_TASK REQUIREMENTS_.
Look over the lines below. Report each one that includes the string "time".

_DATA UNDER STUDY_.
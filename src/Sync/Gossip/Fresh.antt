-- ===== src/Sync/Gossip/Fresh.antt =====
-- runtime/pullrun-sync/src/gossip.rs: the cache over time, and the peers that it names.
use mathlib.Core.List.{Mem, mem-cons_self, mem-cons_of_mem}
use Prim.Native.String.{String}
use pullrun.Base.{
  ℕ, suc, ◌+◌, ◌-◌, ◌≤◌, ◌≡◌, refl, sym, ap, ◌∙◌, subst, inl, inr, Bool, true, false, Option, none,
  some, List, [], ◌∷◌, arith, if◌then◌else◌, Bool-cases, Option-cases, some-inj, le→leb, All,
  append-nil, length, ◌<◌,
}
use pullrun.Base.Words.{Bytes, u64_mod, u32_mod}
use pullrun.Base.Map
use pullrun.Base.Map.{Map, Eq, string_eq, get-put_self, beq_refl}
use pullrun.Sync.Bloom.{BloomFilter, word_count, contains, to_bytes, from_bytes}
use pullrun.Sync.Bloom.Wire.{from-to_bytes}
use pullrun.Sync.Gossip.{
  PeerBloomInfo, Cache, is_fresh, cache_ttl, refreshed, update, peer_count, remove_stale, may_have,
  collect_peer, find_peers_with_blob,
}

stale_later :
    (now later : ℕ) (info : PeerBloomInfo)
    → now ≤ later
    → is_fresh now info ≡ false
    → is_fresh later info ≡ false
stale_later now later info h e = ground arith

module _ (sha256 : Bytes → Bytes) where
  -- Removing the entries that are stale at one time changes, from then on, neither the number of peers
  -- nor the peers that a search names.
  pub remove_stale-unseen :
      (now later : ℕ) (cache : Cache) (digest : Bytes)
      → now ≤ later
      → (peer_count later (remove_stale now cache) ≡ peer_count later cache)
        × (find_peers_with_blob sha256 later digest (remove_stale now cache)
            ≡ find_peers_with_blob sha256 later digest cache)
  unfolding peer_count remove_stale find_peers_with_blob may_have
  remove_stale-unseen now later [] digest h = (refl, refl)
  remove_stale-unseen now later ((k, info) ∷ cache) digest h =
      let (count, found) = remove_stale-unseen now later cache digest h in
      elim (Bool-cases (is_fresh now info)) [
        | inl y ↦ (
          rw y (ap (λ (n : ℕ). if is_fresh later info then suc n else n) count),
          rw y (ap (collect_peer sha256 info (may_have sha256 later digest info)) found),
        )
        | inr n ↦
            let gone = stale_later now later info h n in
            (
              rw (n, gone) count,
              rw (n, gone)
                  (found ∙ sym (skip info (find_peers_with_blob sha256 later digest cache))),
            )
      ]
    where
      skip :
          (i : PeerBloomInfo) (o : Option (List (String × String)))
          → collect_peer sha256 i (some false) o ≡ o
      skip i none = refl
      skip i (some peers) = refl

  -- An entry whose filter has the blob is among the peers that a search names.
  find-Mem :
      (now : ℕ) (digest : Bytes) (cache : Cache) (k : String) (i : PeerBloomInfo)
      (peers : List (String × String))
      → Map.get cache k ≡ some i
      → may_have sha256 now digest i ≡ some true
      → find_peers_with_blob sha256 now digest cache ≡ some peers
      → Mem (i.node_id, i.sync_addr) peers
  unfolding find_peers_with_blob Map.get
  find-Mem now digest [] k i peers g m e = cc
  find-Mem now digest ((j, v) ∷ cache) k i peers g m e =
      elim (Option-cases (find_peers_with_blob sha256 now digest cache)) [
        | inl n ↦ no_rest (may_have sha256 now digest v) (rw n at e)
        | inr (ps, r) ↦ elim (Option-cases (may_have sha256 now digest v)) [
          | inl n ↦ cc (rw n at e)
          | inr (b, s) ↦ elim (Bool-cases (string_eq.beq j k)) [
            | inl y ↦
                let same : v ≡ i = some-inj (rw y at g) in
                let there : b ≡ true =
                  some-inj (sym s ∙ ap (may_have sha256 now digest) same ∙ m) in
                let all : (v.node_id, v.sync_addr) ∷ ps ≡ peers =
                  some-inj (rw (r, s, there) at e) in
                subst (λ (x : PeerBloomInfo). Mem (x.node_id, x.sync_addr) peers) same
                  (subst (λ l. Mem (v.node_id, v.sync_addr) l) all mem-cons_self)
            | inr n ↦
                subst (λ l. Mem (i.node_id, i.sync_addr) l) (some-inj (rw (r, s) at e))
                  (behind b ps (find-Mem now digest cache k i ps (rw n at g) m r))
          ]
        ]
      ]
    where
      no_rest : {A : Type 0} (o : Option Bool) → collect_peer sha256 v o none ≡ some peers → A
      no_rest none q = cc
      no_rest (some b) q = cc

      behind :
          (b : Bool) (ps : List (String × String))
          → Mem (i.node_id, i.sync_addr) ps
          → Mem (i.node_id, i.sync_addr) (if b then (v.node_id, v.sync_addr) ∷ ps else ps)
      behind true ps q = mem-cons_of_mem (v.node_id, v.sync_addr) q
      behind false ps q = q

-- Each entry is kept under its own id.
abbrev pub IsKeyed : Cache → Type 0
IsKeyed cache = (k : String) (i : PeerBloomInfo) → Map.get cache k ≡ some i → i.node_id ≡ k

refreshed-parts :
    (cache : Cache) (node_id sync_addr : String) (info : PeerBloomInfo)
    → IsKeyed cache
    → info.node_id ≡ node_id
    → info.sync_addr ≡ sync_addr
    → let i = refreshed (Map.get cache node_id) sync_addr info in
      (i.node_id ≡ node_id)
      × (i.sync_addr ≡ sync_addr)
      × (i.bloom_bytes ≡ info.bloom_bytes)
      × (i.last_updated ≡ info.last_updated)
refreshed-parts cache node_id sync_addr info keyed a b =
    elim (Option-cases (Map.get cache node_id)) [
      | inl n ↦ rw n (a, b, refl, refl)
      | inr (old, o) ↦ rw o (keyed node_id old o, refl, refl, refl)
    ]

-- In a cache whose entries stand under their own ids: after a well-formed filter was stored for a
-- peer, known before or not, a search within five minutes that does not panic names the peer,
-- with the new address, for every blob that the filter contains.
pub find-update :
    (sha256 : Bytes → Bytes) (cache : Cache) (node_id sync_addr : String) (info : PeerBloomInfo)
    (f : BloomFilter) (now : ℕ) (digest : Bytes) (peers : List (String × String))
    → IsKeyed cache
    → info.node_id ≡ node_id
    → info.sync_addr ≡ sync_addr
    → info.bloom_bytes ≡ to_bytes f
    → f.m < u64_mod
    → f.k < u32_mod
    → All (λ w. w < u64_mod) f.bits
    → length f.bits ≡ word_count f.m
    → now ≤ info.last_updated + cache_ttl
    → contains sha256 f digest ≡ some true
    → find_peers_with_blob sha256 now digest (update node_id sync_addr info cache) ≡ some peers
    → Mem (node_id, sync_addr) peers
unfolding update may_have contains
find-update sha256 cache node_id sync_addr info f now digest peers keyed a b bytes hm hk hw l soon
      there e =
    let i = refreshed (Map.get cache node_id) sync_addr info in
    let (id, addr, filter, time) = refreshed-parts cache node_id sync_addr info keyed a b in
    let fresh : is_fresh now i ≡ true =
      le→leb (now - i.last_updated) cache_ttl (omega (arith, time, soon)) in
    let parsed =
      ap from_bytes (filter ∙ (bytes ∙ sym (append-nil (to_bytes f))))
      ∙ from-to_bytes f [] hm hk hw l in
    let found : may_have sha256 now digest i ≡ some true = rw (fresh, parsed) there in
    rw (id, addr) at
      (find-Mem sha256 now digest (Map.put cache node_id i) node_id i peers
        (get-put_self cache node_id i) found e)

_RESPONSE_.
-- runtime/pullrun-sync/src/gossip.rs: the cache over time, and the peers that it names.
  -- Removing the entries that are stale at one time changes, from then on, neither the number of peers
    let (id, addr, filter, time) = refreshed-parts cache node_id sync_addr info keyed a b in
      le→leb (now - i.last_updated) cache_ttl (omega (arith, time, soon)) in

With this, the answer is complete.